Abstract: SA-PO0271
Quantitative Pharmacology of AND017, a Novel Hypoxia-Inducible Factor-Prolyl Hydroxylase Inhibitor (HIF-PHI), to Support Phase 3 Dose Selection in Anemia Due to CKD
Session Information
- Pharmacology
November 08, 2025 | Location: Exhibit Hall, Convention Center
Abstract Time: 10:00 AM - 12:00 PM
Category: Pharmacology (PharmacoKinetics, -Dynamics, -Genomics)
- 2000 Pharmacology (PharmacoKinetics, -Dynamics, -Genomics)
Authors
- Zhu, Yusha, Kind Pharmaceuticals LLC, Redwood City, California, United States
- Xie, Haitang, Wannan Medical College Shool of Pharmacy, Wuhu, Anhui, China
- Sun, Hua, Wannan Medical College Shool of Pharmacy, Wuhu, Anhui, China
- Liu, Zhiwei, Wannan Medical College Shool of Pharmacy, Wuhu, Anhui, China
- Li, Yiming, Wannan Medical College Shool of Pharmacy, Wuhu, Anhui, China
- Chen, Youjun, Wannan Medical College Shool of Pharmacy, Wuhu, Anhui, China
- Du, Ping, Kind Pharmaceuticals LLC, Redwood City, California, United States
- Li, Xiaolu, Kind Pharmaceuticals LLC, Redwood City, California, United States
- Zhu, Qi, Kind Pharmaceuticals LLC, Redwood City, California, United States
Background
AND017 is an oral hypoxia-inducible factor prolyl-hydroxylase inhibitor (HIF-PHI) developed for the treatment of anemia due to CKD. Two Phase I studies among healthy participants, and two Phase II studies among patients of renal anemia have been completed for AND017. Before the designing of Phase III studies of AND017, a PBPK/PD model was developed to support the dose selection by PK-Sim® and MoBi®.
Methods
The PBPK/PD model includes 18 systemic physiological compartments and 4 sub-compartments to simulate the PK process.

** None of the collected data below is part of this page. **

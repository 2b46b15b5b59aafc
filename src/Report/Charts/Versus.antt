-- ===== src/Report/Charts/Versus.antt =====
-- The graphs against the load: graph.js under tools/jmeter/results/*-report/content/js. `..._infos` is
-- the object with the options and the drawing, `..._steps` its refresh function.
use high_performance_e_comme.Common.{true, false, none, some, [], ◌∷◌}
use high_performance_e_comme.Report.Format.{lit}
use high_performance_e_comme.Report.Series.{GraphData}
use high_performance_e_comme.Report.Options.{Options, template, lines_points, axis, legend_in}
use high_performance_e_comme.Report.Page.{Graph, Infos, Refresh}

time_vs_threads_options : GraphData → Options
time_vs_threads_options d = record {
  series = lines_points true true;
  legend = legend_in 2 "#legendTimeVsThreads";
  xaxis = axis (lit "Number of active threads" ∷ []);
  yaxis = axis (lit "Average response times in ms" ∷ []);
  bars = none;
  grid_hoverable = true;
  selection_mode = some "xy";
  tooltip = true;
  tooltip_content = template "%s: At %x.2 active threads, Average response time was %y.2 ms";
  colors = [];
  canvas = false;
}

unfoldable pub time_vs_threads_infos : Infos
unfolding time_vs_threads_options
time_vs_threads_infos = record {
  graph = Graph.time_vs_threads;
  get_options = time_vs_threads_options;
  choices = "#choicesTimeVsThreads";
  flot = "#flotTimesVsThreads";
  overview = some "#overviewTimesVsThreads";
  sets_ticks = false;
}

abbrev pub time_vs_threads_steps : Refresh
time_vs_threads_steps = record {
  infos = time_vs_threads_infos;
  body = some "#bodyTimeVsThreads";
  fixes = false;
  no_match_color = false;
  ignore_filter = false;
  source = "#footerTimeVsThreads .legendColorBox > div";
}

response_time_vs_request_options : GraphData → Options
response_time_vs_request_options d = record {
  series = lines_points false true;
  legend = legend_in 2 "#legendResponseTimeVsRequest";
  xaxis = axis (lit "Global number of requests per second" ∷ []);
  yaxis = axis (lit "Median Response Time in ms" ∷ []);
  bars = none;
  grid_hoverable = true;
  selection_mode = some "xy";
  tooltip = true;
  tooltip_content = template "%s : Median response time at %x req/s was %y ms";
  colors = "#9ACD32" ∷ "#FF6347" ∷ [];
  canvas = false;
}

unfoldable pub response_time_vs_request_infos : Infos
unfolding response_time_vs_request_options
response_time_vs_request_infos = record {
  graph = Graph.response_time_vs_request;
  get_options = response_time_vs_request_options;
  choices = "#choicesResponseTimeVsRequest";
  flot = "#flotResponseTimeVsRequest";
  overview = some "#overviewResponseTimeVsRequest";
  sets_ticks = false;
}

abbrev pub response_time_vs_request_steps : Refresh
response_time_vs_request_steps = record {
  infos = response_time_vs_request_infos;
  body = none;
  fixes = false;
  no_match_color = false;
  ignore_filter = false;
  source = "#footerResponseRimeVsRequest .legendColorBox > div";
}

latencies_vs_request_options : GraphData → Options
latencies_vs_request_options d = record {
  series = lines_points false true;
  legend = legend_in 2 "#legendLatencyVsRequest";
  xaxis = axis (lit "Global number of requests per second" ∷ []);
  yaxis = axis (lit "Median Latency in ms" ∷ []);
  bars = none;
  grid_hoverable = true;
  selection_mode = some "xy";
  tooltip = true;
  tooltip_content = template "%s : Median Latency time at %x req/s was %y ms";
  colors = "#9ACD32" ∷ "#FF6347" ∷ [];
  canvas = false;
}

unfoldable pub latencies_vs_request_infos : Infos
unfolding latencies_vs_request_options
latencies_vs_request_infos = record {
  graph = Graph.latencies_vs_request;
  get_options = latencies_vs_request_options;
  choices = "#choicesLatencyVsRequest";
  flot = "#flotLatenciesVsRequest";
  overview = some "#overviewLatenciesVsRequest";
  sets_ticks = false;
}

abbrev pub latencies_vs_request_steps : Refresh
latencies_vs_request_steps = record {
  infos = latencies_vs_request_infos;
  body = none;
  fixes = false;
  no_match_color = false;
  ignore_filter = false;
  source = "#footerLatenciesVsRequest .legendColorBox > div";
}
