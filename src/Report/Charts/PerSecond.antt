-- ===== src/Report/Charts/PerSecond.antt =====
-- The graphs of rates per second: graph.js under tools/jmeter/results/*-report/content/js. `..._infos` is
-- the object with the options and the drawing, `..._steps` its refresh function.
use high_performance_e_comme.Common.{true, false, none, some, [], ◌∷◌}
use high_performance_e_comme.Report.Format.{lit, elapsed_time_label, time_format}
use high_performance_e_comme.Report.Series.{GraphData}
use high_performance_e_comme.Report.Options.{
  Options, template, lines_points, axis, time_axis, legend_in,
}
use high_performance_e_comme.Report.Page.{Graph, Infos, Refresh}

hits_per_second_options : GraphData → Options
hits_per_second_options d = record {
  series = lines_points true true;
  legend = legend_in 2 "#legendHitsPerSecond";
  xaxis = time_axis (time_format d.result.granularity) (elapsed_time_label d.result.granularity);
  yaxis = axis (lit "Number of hits / sec" ∷ []);
  bars = none;
  grid_hoverable = true;
  selection_mode = some "xy";
  tooltip = true;
  tooltip_content = template "%s at %x was %y.2 hits/sec";
  colors = [];
  canvas = false;
}

unfoldable pub hits_per_second_infos : Infos
unfolding hits_per_second_options
hits_per_second_infos = record {
  graph = Graph.hits_per_second;
  get_options = hits_per_second_options;
  choices = "#choicesHitsPerSecond";
  flot = "#flotHitsPerSecond";
  overview = some "#overviewHitsPerSecond";
  sets_ticks = false;
}

abbrev pub hits_per_second_steps : Refresh
hits_per_second_steps = record {
  infos = hits_per_second_infos;
  body = none;
  fixes = true;
  no_match_color = false;
  ignore_filter = false;
  source = "#footerHitsPerSecond .legendColorBox > div";
}

codes_per_second_options : GraphData → Options
codes_per_second_options d = record {
  series = lines_points true true;
  legend = legend_in 2 "#legendCodesPerSecond";
  xaxis = time_axis (time_format d.result.granularity) (elapsed_time_label d.result.granularity);
  yaxis = axis (lit "Number of responses / sec" ∷ []);
  bars = none;
  grid_hoverable = true;
  selection_mode = some "xy";
  tooltip = true;
  tooltip_content = template "Number of Response Codes %s at %x was %y.2 responses / sec";
  colors = [];
  canvas = false;
}

unfoldable pub codes_per_second_infos : Infos
unfolding codes_per_second_options
codes_per_second_infos = record {
  graph = Graph.codes_per_second;
  get_options = codes_per_second_options;
  choices = "#choicesCodesPerSecond";
  flot = "#flotCodesPerSecond";
  overview = some "#overviewCodesPerSecond";
  sets_ticks = false;
}

abbrev pub codes_per_second_steps : Refresh
codes_per_second_steps = record {
  infos = codes_per_second_infos;
  body = none;
  fixes = true;
  no_match_color = false;
  ignore_filter = false;
  source = "#footerCodesPerSecond .legendColorBox > div";
}

transactions_per_second_options : GraphData → Options
transactions_per_second_options d = record {
  series = lines_points true true;
  legend = legend_in 2 "#legendTransactionsPerSecond";
  xaxis = time_axis (time_format d.result.granularity) (elapsed_time_label d.result.granularity);
  yaxis = axis (lit "Number of transactions / sec" ∷ []);
  bars = none;
  grid_hoverable = true;
  selection_mode = some "xy";
  tooltip = true;
  tooltip_content = template "%s at %x was %y transactions / sec";
  colors = [];
  canvas = false;
}

unfoldable pub transactions_per_second_infos : Infos
unfolding transactions_per_second_options
transactions_per_second_infos = record {
  graph = Graph.transactions_per_second;
  get_options = transactions_per_second_options;
  choices = "#choicesTransactionsPerSecond";
  flot = "#flotTransactionsPerSecond";
  overview = some "#overviewTransactionsPerSecond";
  sets_ticks = false;
}

abbrev pub transactions_per_second_steps : Refresh
transactions_per_second_steps = record {
  infos = transactions_per_second_infos;
  body = some "#bodyTransactionsPerSecond";
  fixes = true;
  no_match_color = false;
  ignore_filter = false;
  source = "#footerTransactionsPerSecond .legendColorBox > div";
}

total_tps_options : GraphData → Options
total_tps_options d = record {
  series = lines_points true true;
  legend = legend_in 2 "#legendTotalTPS";
  xaxis = time_axis (time_format d.result.granularity) (elapsed_time_label d.result.granularity);
  yaxis = axis (lit "Number of transactions / sec" ∷ []);
  bars = none;
  grid_hoverable = true;
  selection_mode = some "xy";
  tooltip = true;
  tooltip_content = template "%s at %x was %y transactions / sec";
  colors = "#9ACD32" ∷ "#FF6347" ∷ [];
  canvas = false;
}

unfoldable pub total_tps_infos : Infos
unfolding total_tps_options
total_tps_infos = record {
  graph = Graph.total_tps;
  get_options = total_tps_options;
  choices = "#choicesTotalTPS";
  flot = "#flotTotalTPS";
  overview = some "#overviewTotalTPS";
  sets_ticks = false;
}

abbrev pub total_tps_steps : Refresh
total_tps_steps = record {
  infos = total_tps_infos;
  body = none;
  fixes = true;
  no_match_color = false;
  ignore_filter = true;
  source = "#footerTotalTPS .legendColorBox > div";
}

Drug-specific parameters were optimized by the Monte Carlo algorithm. The PBPK model was trained and validated by data from the Phase I study of AND017 and extrapolated to the CKD population. The PD model described the in vivo process from HIF-PHD inhibition to hemoglobin (Hb) increase by AND017, with the data derived from two Phase II studies.
Results
Model simulations of AND017 showed that the total plasma clearance was 0.18, 0.23, and 0.28 mL/min/kg in the healthy participants, NDD-CKD patients, and DD-CKD patients, respectively. For drugs like AND017 that primarily eliminated through non-renal pathways, a higher clearance rate leads to reduced drug exposure in the patient’s body. Model simulations of PK parameters following a 10 mg dose of AND017 showed that drug exposure was 0.80 times and 0.62 times that of healthy individuals in NDD-CKD patients and DD-CKD patients, respectively.

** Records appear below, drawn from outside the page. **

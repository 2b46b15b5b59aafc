-- ===== src/Report/Charts/Apart.antt =====
-- Whether the sixteen graphs of the report share anything (graph.js under
-- tools/jmeter/results/*-report/content/js).
use Prim.Native.String.{String}
use text.Mathlib.Text.{◌==◌ as str_eq}
use high_performance_e_comme.Common.{
  Bool, true, not, ◌&&◌, ◌||◌, Option, none, some, List, [], ◌∷◌, ℕ, ◌==◌,
}
use high_performance_e_comme.Report.Page.{
  Graph, Infos, response_time_percentiles, response_time_distribution,
  synthetic_response_time_distribution, active_threads_over_time, time_vs_threads,
  bytes_throughput_over_time, response_times_over_time, latencies_over_time, connect_time_over_time,
  response_time_percentiles_over_time, response_time_vs_request, latencies_vs_request,
  hits_per_second, codes_per_second, transactions_per_second, total_tps, Report, Refresh,
}
use high_performance_e_comme.Report.Charts.Distributions.{
  response_time_percentiles_steps, response_time_distribution_steps,
  synthetic_response_time_distribution_steps,
}
use high_performance_e_comme.Report.Charts.OverTime.{
  active_threads_over_time_steps, bytes_throughput_over_time_steps, response_time_over_time_steps,
  response_time_percentiles_over_time_steps,
}
use high_performance_e_comme.Report.Charts.Latencies.{
  latencies_over_time_steps, connect_time_over_time_steps,
}
use high_performance_e_comme.Report.Charts.Versus.{
  time_vs_threads_steps, response_time_vs_request_steps, latencies_vs_request_steps,
}
use high_performance_e_comme.Report.Charts.PerSecond.{
  hits_per_second_steps, codes_per_second_steps, transactions_per_second_steps, total_tps_steps,
}

-- The refresh function of a graph.
abbrev pub steps : Graph → Refresh
steps response_time_percentiles = response_time_percentiles_steps
steps response_time_distribution = response_time_distribution_steps
steps synthetic_response_time_distribution = synthetic_response_time_distribution_steps
steps active_threads_over_time = active_threads_over_time_steps
steps time_vs_threads = time_vs_threads_steps
steps bytes_throughput_over_time = bytes_throughput_over_time_steps
steps response_times_over_time = response_time_over_time_steps
steps latencies_over_time = latencies_over_time_steps
steps connect_time_over_time = connect_time_over_time_steps
steps response_time_percentiles_over_time = response_time_percentiles_over_time_steps
steps response_time_vs_request = response_time_vs_request_steps
steps latencies_vs_request = latencies_vs_request_steps
steps hits_per_second = hits_per_second_steps
steps codes_per_second = codes_per_second_steps
steps transactions_per_second = transactions_per_second_steps
steps total_tps = total_tps_steps

abbrev all_graphs : List Graph
all_graphs =
    response_time_percentiles ∷ response_time_distribution ∷ synthetic_response_time_distribution
    ∷ active_threads_over_time ∷ time_vs_threads ∷ bytes_throughput_over_time
    ∷ response_times_over_time ∷ latencies_over_time ∷ connect_time_over_time
    ∷ response_time_percentiles_over_time ∷ response_time_vs_request ∷ latencies_vs_request
    ∷ hits_per_second ∷ codes_per_second ∷ transactions_per_second ∷ total_tps ∷ []

abbrev is_apart_from : String → Option String → Bool
is_apart_from selector none = true
is_apart_from selector (some o) = not (str_eq o selector)

-- What one graph draws on and lists its choices in is not what another draws on and lists them in.
abbrev are_apart : Infos → Infos → Bool
are_apart i j =
    not (str_eq i.flot j.flot)
    && is_apart_from j.flot i.overview
    && not (str_eq i.choices j.choices)

-- The place of a graph among all.
abbrev place : Graph → ℕ
place response_time_percentiles = 0
place response_time_distribution = 1
place synthetic_response_time_distribution = 2
place active_threads_over_time = 3
place time_vs_threads = 4
place bytes_throughput_over_time = 5
place response_times_over_time = 6
place latencies_over_time = 7
place connect_time_over_time = 8
place response_time_percentiles_over_time = 9
place response_time_vs_request = 10
place latencies_vs_request = 11
place hits_per_second = 12
place codes_per_second = 13
place transactions_per_second = 14
place total_tps = 15

abbrev every : (Graph → Bool) → List Graph → Bool
every p [] = true
every p (g ∷ gs) = p g && every p gs

abbrev is_fine : Graph → Graph → Bool
is_fine g h = (place g == place h) || are_apart (steps g).infos (steps h).infos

PK/PD behavior under different dosing regimens (8 mg, 12 mg, 16 mg three times weekly (TIW) for NDD-CKD and 10 mg TIW for DD-CKD) were simulated to support the selection of the starting doses and dose adjustment strategies for Phase III studies. At 8 mg TIW in NDD-CKD patients and 10 mg TIW in DD-CKD patients, the Hb levels in both demonstrated good similarity by both PK and PD outcomes.
After 4 weeks of treatment, once Hb levels reached or were maintained above the target threshold, the dosing frequency was switched from TIW to once weekly (QW) (simulated at different doses). A slightly higher QW dose demonstrated a favorable trend in maintaining Hb levels.
Conclusion
Given the PK differences between NDD-CKD and DD-CKD patients, the starting doses of AND017 will be 8 mg TIW and 10 mg TIW, respectively. Once Hb levels reach the target range, dosing may be switched from TIW to QW at a slightly higher dose.